I ignored her. I was talking with somebody, so it was an easy cover. Plus, she doesn't know that the client tells me when CL rips me up. I've let her going on thinking I'm oblivious. It's advantageous with your "enemies" think you're dumb.

She stood there, waiting for me to notice her. I failed. ;)

Finally, she said something along the lines of "Well! What are you doing here?"

I looked her square in the eyes and said in a dead monotone "What do you think?"

Undaunted, her insanity took over: "Do you know anything about a chair?"

Interesting tack. We're standing in a cafeteria with about three hundred of the buggers. But before I could do more than draw in a breath for my reply, she turned around and said "Oh there it is!" and dragged the chair around the corner and into the kitchen.

The person I was talking to, normally the sweetest of people, said in her Quebec accent "What was that all about? Is she crazy or something?"

See? I don't even have to say anything to get my point across.
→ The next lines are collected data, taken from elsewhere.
-- ===== src/Graph/Flow/DeadEnds.antt =====
-- Dead ends of a flow and the ranking of its counterparties, of app/engine/graph/query.py.
use trace_x.Common.{
  ◌≡◌, ◌∙◌, refl, ap, arith, inl, inr, ◌↔◌, true, false, not, List, [], ◌∷◌, ◌++◌, map, ◌==◌,
  ==_iff, length, select, exists_in, All, Any, Bool-cases,
}
use trace_x.Common.Select.{exists_in-Any}
use trace_x.Graph.Flow.Model.{
  NodeId, tx_id, output_id, address_id, same_id, Tables, address_or_script, Counterparty,
  creator_tx,
}
use trace_x.Graph.Flow.Query.{
  distinct_ids, spenders_of, coins_of, touching, address_onward, mark_address, is_address,
}

same_id_iff : (a b : NodeId) → (same_id a b ≡ true) ↔ (a ≡ b)
same_id_iff (tx_id a) (tx_id b) =
    (λ e. ap tx_id ((==_iff a b).0 e), λ e. (let h : a ≡ b = cc in (==_iff a b).1 h))
same_id_iff (output_id a v) (output_id b w) = (
  λ e. (let h : a ≡ b = ground arith in let k : v ≡ w = ground arith in cc),
  λ e. (let h : a ≡ b = cc in let k : v ≡ w = cc in ground arith),
)
same_id_iff (address_id a) (address_id b) =
    (λ e. ap address_id ((==_iff a b).0 e), λ e. (let h : a ≡ b = cc in (==_iff a b).1 h))
same_id_iff (tx_id a) (output_id b w) = (λ e. cc, λ e. cc)
same_id_iff (tx_id a) (address_id b) = (λ e. cc, λ e. cc)
same_id_iff (output_id a v) (tx_id b) = (λ e. cc, λ e. cc)
same_id_iff (output_id a v) (address_id b) = (λ e. cc, λ e. cc)
same_id_iff (address_id a) (tx_id b) = (λ e. cc, λ e. cc)
same_id_iff (address_id a) (output_id b w) = (λ e. cc, λ e. cc)

none_other :
    (x : NodeId) (ids : List NodeId)
    → (length (select (λ a. not (same_id a x)) ids) ≡ 0) ↔ All (λ a. a ≡ x) ids
unfolding select
none_other x [] = (λ e. tt, λ h. refl)
none_other x (a ∷ ids) = elim (Bool-cases (same_id a x)) [
  | inl e ↦
      rw e (λ h. ((same_id_iff a x).0 e, (none_other x ids).0 h), λ h. (none_other x ids).1 h.1)
  | inr e ↦
      rw e (λ h. absurd (omega arith), λ h. (let yes = (same_id_iff a x).1 h.0 in absurd (cc)))
]

one_same :
    (a x : NodeId) (ids : List NodeId)
    → All (λ b. b ≡ x) ids
    → Any (λ b. same_id a b ≡ true) ids
    → a ≡ x
one_same a x [] h m = absurd m
one_same a x (b ∷ ids) h (inl e) = (same_id_iff a b).0 e ∙ h.0
one_same a x (b ∷ ids) h (inr m) = one_same a x ids h.1 m

distinct_same :
    (x : NodeId) (ids : List NodeId) → All (λ a. a ≡ x) (distinct_ids ids) ↔ All (λ a. a ≡ x) ids
unfolding distinct_ids
distinct_same x [] = (λ h. h, λ h. h)
distinct_same x (a ∷ ids) = elim (Bool-cases (exists_in (same_id a) ids)) [
  | inl e ↦ rw e (
    λ h.
        (let rest = (distinct_same x ids).0 h in
          (one_same a x ids rest (exists_in-Any (same_id a) ids e), rest)),
    λ h. (distinct_same x ids).1 h.1,
  )
  | inr e ↦ rw e (λ h. (h.0, (distinct_same x ids).0 h.1), λ h. (h.0, (distinct_same x ids).1 h.1))
]

All-append : (P : NodeId → Type 0) (xs ys : List NodeId) → All P (xs ++ ys) ↔ (All P xs × All P ys)
All-append P [] ys = (λ h. (tt, h), λ h. h.1)
All-append P (x ∷ xs) ys = (
  λ h. (let (a, b) = (All-append P xs ys).0 h.1 in ((h.0, a), b)),
  λ h. (h.0.0, (All-append P xs ys).1 (h.0.1, h.1)),
)

-- No transaction but the one created or spent an output that is locked to the address.
pub OnlyTouchedBy : Tables → NodeId → NodeId → Type 0
OnlyTouchedBy t tx address =
    All (λ maker. maker ≡ tx) (map creator_tx (coins_of t address))
    × All (λ spender. spender ≡ tx) (spenders_of t (coins_of t address))

address_onward_none :
    (t : Tables) (tx address : NodeId)
    → (address_onward t tx address ≡ 0) ↔ OnlyTouchedBy t tx address
unfolding address_onward touching OnlyTouchedBy
address_onward_none t tx address =
    let coins = coins_of t address in
    let all = map creator_tx coins ++ spenders_of t coins in
    (
      λ h.
          (All-append (λ a. a ≡ tx) (map creator_tx coins) (spenders_of t coins)).0
            ((distinct_same tx all).0 ((none_other tx (distinct_ids all)).0 h)),
      λ h. (none_other tx (distinct_ids all)).1 (
          (distinct_same tx all).1
            ((All-append (λ a. a ≡ tx) (map creator_tx coins) (spenders_of t coins)).1 h)),
    )

-- An address in the flow of a transaction, which could be selected before, is marked as a dead end
-- exactly when no other transaction created or spent an output that is locked to the address.
pub mark_address-dead_end :
    (t : Tables) (tx : NodeId) (c : Counterparty)
    → c.node_type ≡ address_or_script
    → c.selectable ≡ true
    → ((mark_address t tx c).selectable ≡ false) ↔ OnlyTouchedBy t tx c.id
unfolding mark_address
mark_address-dead_end t tx c is_addr free =
    let is_one : is_address c.node_type ≡ true = ap is_address is_addr in
    elim (Bool-cases (address_onward t tx c.id == 0)) [
      | inl e ↦
          let h = (==_iff (address_onward t tx c.id) 0).0 e in
          rw (is_one, e) ((λ k. (address_onward_none t tx c.id).0 h), (λ k. refl))
      | inr e ↦
          rw (is_one, e)
            (
              (λ k. absurd (cc)),
              (λ k. (let h = (address_onward_none t tx c.id).1 k in absurd (ground arith))),
            )
    ]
Yay me!

Bah, reading the above story shows me what a horribly disjoined writer I am. Ah well, we can't all be Jay.

I finished up the shift at 0800, took my usual hour and a half to get home, slept for 3.45 hours, then got up and went back to work.

Although I seemed okay to myself, I wonder just how incomprehensible I was to those around me. Hopefully I've got a ways to go before I get ranked against Cafeteria Lady, though.

And finally, I was thinking of going to see V for Vendetta this weekend. I'm pretty sure I won't be disappointed but... what the hell happened to Natalie Portman?!